Claw-Back Clauses under the African Charter
The phrase “claw-back clauses” has been used to generally refer to those provisions of the African Charter that tend to limit some of the rights guaranteed under the Charter. They do not qualify as outright derogation clauses that are found in other international human rights instruments. They rather qualify the enjoyment of the right as contingent upon other notions of state prescription. For example, Article 8 grants the freedom of conscience, profession and free practice of religion, “subject to law and order”. Under Article 10, an individual has the right to free association “provided that he abides by the law”. Similarly freedom of movement of an individual is guaranteed by Article 12 “provided he abides by the law”. Citizens have the right to participate freely in their governments “in accordance with the provision of the law.” Article 14 provides for the right to property, but that property may be encroached upon “in accordance with the provision of appropriate law”.
These clauses have been criticized, based on the fact that states are traditionally the most frequent violators of human rights. They also have the power to create and change laws. By inserting clauses that permit rights to be limited by the law, the Charter makes human rights especially vulnerable to the very institution which attacks them most often. The criticism goes further to assert that claw-back clauses in the Charter go further than derogation clauses in that they permit a state, in its almost unbounded discretion, to restrict its treaty obligation or the rights guaranteed by the Charter. Though derogation clauses, on the other hand, permit suspension of treaty obligations, such suspension is temporary, while that based on claw-back clauses may be permanent. In the same vein, derogations can only be invoked in cases of emergency, unlike claw-back clauses which may be applied in normal circumstances, so long as a national law is passed to that effect. Gittleman opines that while derogation clauses warrant the suspension of only certain obligation and rights, rather than all rights, claw-back clauses have no limit.

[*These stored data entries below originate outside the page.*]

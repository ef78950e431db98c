-- ===== src/Sudoku.antt =====
-- The check of a sudoku, sudoku.c of 9.sudoku, and the board of solve.c there. A board is its lines,
-- each a list of elements.
pub mod Board
pub mod Lines
pub mod Whole
mod Tests
use cprogramming.Prelude.{
  ℕ, zero, suc, ◌+◌, ◌-◌, Bool, true, false, not, ◌&&◌, ◌||◌, List, [], ◌∷◌, ◌==◌, if◌then◌else◌,
  get_or, set, ℤ, pos, negsuc, leb_ℤ, eq_ℤ,
}
use cprogramming.Sudoku.Board.{Line, Sudoku}

abbrev pub grid_size : ℕ
grid_size = 9

unfoldable pub check_elem : ℤ → Bool
check_elem val = leb_ℤ (pos 1) val && leb_ℤ val (pos 9)

-- `total` is what has been seen: the entry below a value is 0, or the value.
abbrev pub slot : ℤ → ℕ
slot (pos n) = n - 1
slot (negsuc n) = 0

unfoldable pub board_at : Sudoku → ℕ → ℕ → ℤ
board_at board row col = get_or (get_or board row []) col (pos 0)

abbrev pub value_at : Sudoku → Bool → ℕ → ℕ → ℤ
value_at board row_on row_col i =
    if row_on then board_at board row_col i else board_at board i row_col

-- The loop of check_ over the values, given those seen.
unfoldable pub check_values : List ℤ → List ℤ → Bool
check_values total [] = true
check_values total (val ∷ vals) =
    let rest = check_values (set total (slot val) val) vals in
    if check_elem val && eq_ℤ (get_or total (slot val) (pos 0)) (pos 0) then rest else false

-- The `n` values from `i` on.
unfoldable pub values_from : (ℕ → ℤ) → ℕ → ℕ → List ℤ
values_from f i zero = []
values_from f i (suc n) = f i ∷ values_from f (suc i) n

abbrev pub nothing_seen : List ℤ
nothing_seen = pos 0 ∷ pos 0 ∷ pos 0 ∷ pos 0 ∷ pos 0 ∷ pos 0 ∷ pos 0 ∷ pos 0 ∷ pos 0 ∷ []

unfoldable pub check_ : Sudoku → Bool → ℕ → Bool
check_ board row_on row_col =
    check_values nothing_seen (values_from (value_at board row_on row_col) 0 grid_size)

-- `struct _grid`: -1 as the row or the column stands for none.
pub record GridData : Type 0 where
  pub row : ℤ
  pub column : ℤ
  pub board : Sudoku
  pub res : Bool

abbrev pub index_of : ℤ → ℕ
index_of (pos n) = n
index_of (negsuc n) = 0

unfoldable pub check_row : GridData → Bool
check_row grid = eq_ℤ grid.row (negsuc 0) || check_ grid.board true (index_of grid.row)

unfoldable pub check_column : GridData → Bool
check_column grid = eq_ℤ grid.column (negsuc 0) || check_ grid.board false (index_of grid.column)

-- The loop of check_grid, with `n` rounds to go from `i`: what `b` and `i` are at its end.
unfoldable pub check_lines : GridData → ℕ → ℕ → Bool × ℕ
check_lines grid i zero = (true, i)
check_lines grid i (suc n) =
    let line = record grid { row = pos i; column = pos i } in
    let rest = check_lines grid (suc i) n in
    if check_column line && check_row line then rest else (false, suc i)

unfoldable pub check_grid : GridData → Bool × GridData
check_grid grid =
    let (b, i) = check_lines grid 0 grid_size in
    (b && i == grid_size, record grid { row = pos grid_size; column = pos grid_size })

-- The body of a thread, up to the result that is kept.
unfoldable pub routine : GridData → GridData
routine grid = record grid { res = check_column grid && check_row grid }
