-- ===== src/Sudoku/Lines.antt =====
-- What the check accepts: every row and every column has each of its nine elements once.
use cprogramming.Prelude.{
  ℕ, zero, suc, ◌+◌, ◌≤◌, ◌<◌, ◌≡◌, ◌≢◌, ◌↔◌, ◌∙◌, ap, sym, refl, subst, ◌⊎◌, inl, inr, arith, Bool,
  true, false, List, length, get_or, set, length-set, get_or-set_self, get_or-set_ne, ℤ, pos,
  negsuc, eq_ℤ, eq_ℤ→≡, Bool-cases, pos_part, neg_part,
}
use cprogramming.Sudoku.{check_elem, slot, check_values, values_from}

-- An element from 1 to 9.
abbrev pub InRange : ℤ → Type 0
InRange v = (v ≡ pos (suc (slot v))) × (slot v < 9)

check_elem-InRange : (v : ℤ) → check_elem v ≡ true → InRange v
unfolding check_elem
check_elem-InRange (pos n) h = (ap pos (ground arith), ground arith)
check_elem-InRange (negsuc n) h = absurd (ground arith)

InRange-check_elem : (v : ℤ) → InRange v → check_elem v ≡ true
unfolding check_elem
InRange-check_elem (pos n) h = ground (arith, ap pos_part h.0)
InRange-check_elem (negsuc n) h = absurd (ground (arith, ap neg_part h.0))

-- The `n` values of `f` from `i` on are new: in range, not seen before, and all different.
pub record IsNew (total : List ℤ) (f : ℕ → ℤ) (i n : ℕ) : Type 0 where
  pub ranged : (j : ℕ) → i ≤ j → j < i + n → InRange (f j)
  pub unseen : (j : ℕ) → i ≤ j → j < i + n → get_or total (slot (f j)) (pos 0) ≡ pos 0
  pub apart : (j k : ℕ) → i ≤ j → j < k → k < i + n → f j ≢ f k

pub first_or_later : (i j : ℕ) → i ≤ j → (j ≡ i) ⊎ (suc i ≤ j)
first_or_later i j h = ground arith

slots_differ : (v w : ℤ) → InRange v → InRange w → v ≢ w → slot v ≢ slot w
slots_differ v w p q n e = n (p.0 ∙ ap (λ k. pos (suc k)) e ∙ sym q.0)

module _ (total : List ℤ) (nine : length total ≡ 9) (f : ℕ → ℤ) (i n : ℕ) where
  abbrev seen : List ℤ
  seen = set total (slot (f i)) (f i)

  -- A later value that the new table has not seen is in another slot.
  other_slot : (v : ℤ) → InRange (f i) → get_or seen (slot v) (pos 0) ≡ pos 0 → slot (f i) ≢ slot v
  other_slot v r h e = absurd (
      nonzero (
        sym r.0
        ∙ sym (get_or-set_self total (slot (f i)) (f i) (pos 0) (omega (arith, nine, r.1)))
        ∙ ap (λ k. get_or seen k (pos 0)) e
        ∙ h))
    where
      nonzero : {k : ℕ} → pos (suc k) ≡ pos 0 → ⊥
      nonzero h = ground (arith, ap pos_part h)

  IsNew-suc :
      InRange (f i)
      → get_or total (slot (f i)) (pos 0) ≡ pos 0
      → IsNew seen f (suc i) n
      → IsNew total f i (suc n)
  IsNew-suc r u w = record {
    ranged = λ j p q. elim (first_or_later i j p) [
      | inl e ↦ subst (λ k. InRange (f k)) (sym e) r
      | inr l ↦ w.ranged j l (omega arith)
    ];
    unseen = λ j p q. elim (first_or_later i j p) [
      | inl e ↦ subst (λ k. get_or total (slot (f k)) (pos 0) ≡ pos 0) (sym e) u
      | inr l ↦
          let h = w.unseen j l (omega arith) in
          sym (get_or-set_ne total (slot (f i)) (slot (f j)) (f i) (pos 0) (other_slot (f j) r h))
          ∙ h
    ];
    apart = λ j k p q t. elim (first_or_later i j p) [
      | inl e ↦
          subst (λ m. f m ≢ f k) (sym e)
            (λ same. other_slot (f k) r (w.unseen k (omega arith) (omega arith)) (ap slot same))
      | inr l ↦ w.apart j k l q (omega arith)
    ];
  }

  IsNew-rest : IsNew total f i (suc n) → IsNew seen f (suc i) n
  IsNew-rest w = record {
    ranged = λ j p q. w.ranged j (omega arith) (omega arith);
    unseen = λ j p q.
        get_or-set_ne total (slot (f i)) (slot (f j)) (f i) (pos 0) (
          slots_differ (f i) (f j) (w.ranged i (omega arith) (omega arith))
            (w.ranged j (omega arith) (omega arith)) (w.apart i j (omega arith) p (omega arith)))
        ∙ w.unseen j (omega arith) (omega arith);
    apart = λ j k p q t. w.apart j k (omega arith) q (omega arith);
  }

pub check_values-IsNew :
    (n : ℕ) (total : List ℤ) (f : ℕ → ℤ) (i : ℕ)
    → length total ≡ 9
    → (check_values total (values_from f i n) ≡ true) ↔ IsNew total f i n
unfolding check_values values_from
check_values-IsNew zero total f i nine = (
  λ _. record {
    ranged = λ j p q. absurd (omega arith);
    unseen = λ j p q. absurd (omega arith);
    apart = λ j k p q t. absurd (omega arith);
  },
  λ _. refl,
)
check_values-IsNew (suc n) total f i nine =
    let more =
      check_values-IsNew n (seen total nine f i n) f (suc i)
        (length-set total (slot (f i)) (f i) ∙ nine) in
    elim (Bool-cases (check_elem (f i))) [
      | inr out ↦ rw out (
        λ h. absurd (ground arith),
        λ w.
            absurd
              (unequal out (InRange-check_elem (f i) (w.ranged i (omega arith) (omega arith)))),
      )
      | inl fine ↦ elim (Bool-cases (eq_ℤ (get_or total (slot (f i)) (pos 0)) (pos 0))) [
        | inr twice ↦
            rw (fine, twice)
              (
                λ h. absurd (ground arith),
                λ w. absurd (unequal (rw (w.unseen i (omega arith) (omega arith)) at twice) refl),
              )
        | inl new ↦
            rw (fine, new)
              (
                λ h.
                    IsNew-suc total nine f i n (check_elem-InRange (f i) fine) (eq_ℤ→≡ _ _ new)
                      (more.0 h),
                λ w. more.1 (IsNew-rest total nine f i n w),
              )
      ]
    ]
  where
    unequal : {c : Bool} → c ≡ false → c ≡ true → ⊥
    unequal p q = cc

One will agree with the observation that the effect of claw-back clauses as expressed in the African Charter is that it seriously emasculates the effectiveness of the Charter as well as its uniform application by Member States. This is because instead of the Charter having primacy, the various national laws of Member States actually assume a primary place. The effectiveness of the Charter will thus be reduced, since it would appear to be subject to national standards as laid down by domestic law. Such domestic laws could be laws that are made to validate acts of violation deliberately embarked upon by Member States. Various Africa governments are known for the use of retroactive legislation to achieve their dictatorial tendencies, and will thus find the claw-back clauses a veritable source of inspiration. One must agree that claw-back clauses in the Charter, if not properly construed, will frustrate the enjoyment of some of the rights guaranteed in the Charter. This is because, permitting national law to limit, with a superseding effect, provision of the Charter, means that the Charter itself permits the perpetration of violations of rights enshrined in it. In other words, the Charter gives rights, but permits them to be taken away, thus not protecting the individuals it is meant to protect.
The Commission needs to make a categorical statement, either by way of a resolution or a finding in the course of its adjudicatory function, on the purport of the claw-back clauses scattered all over various articles of the Charter. The common phrases “subject to law”, “in accordance with the law”, etc used in claw-back clauses, need interpretation.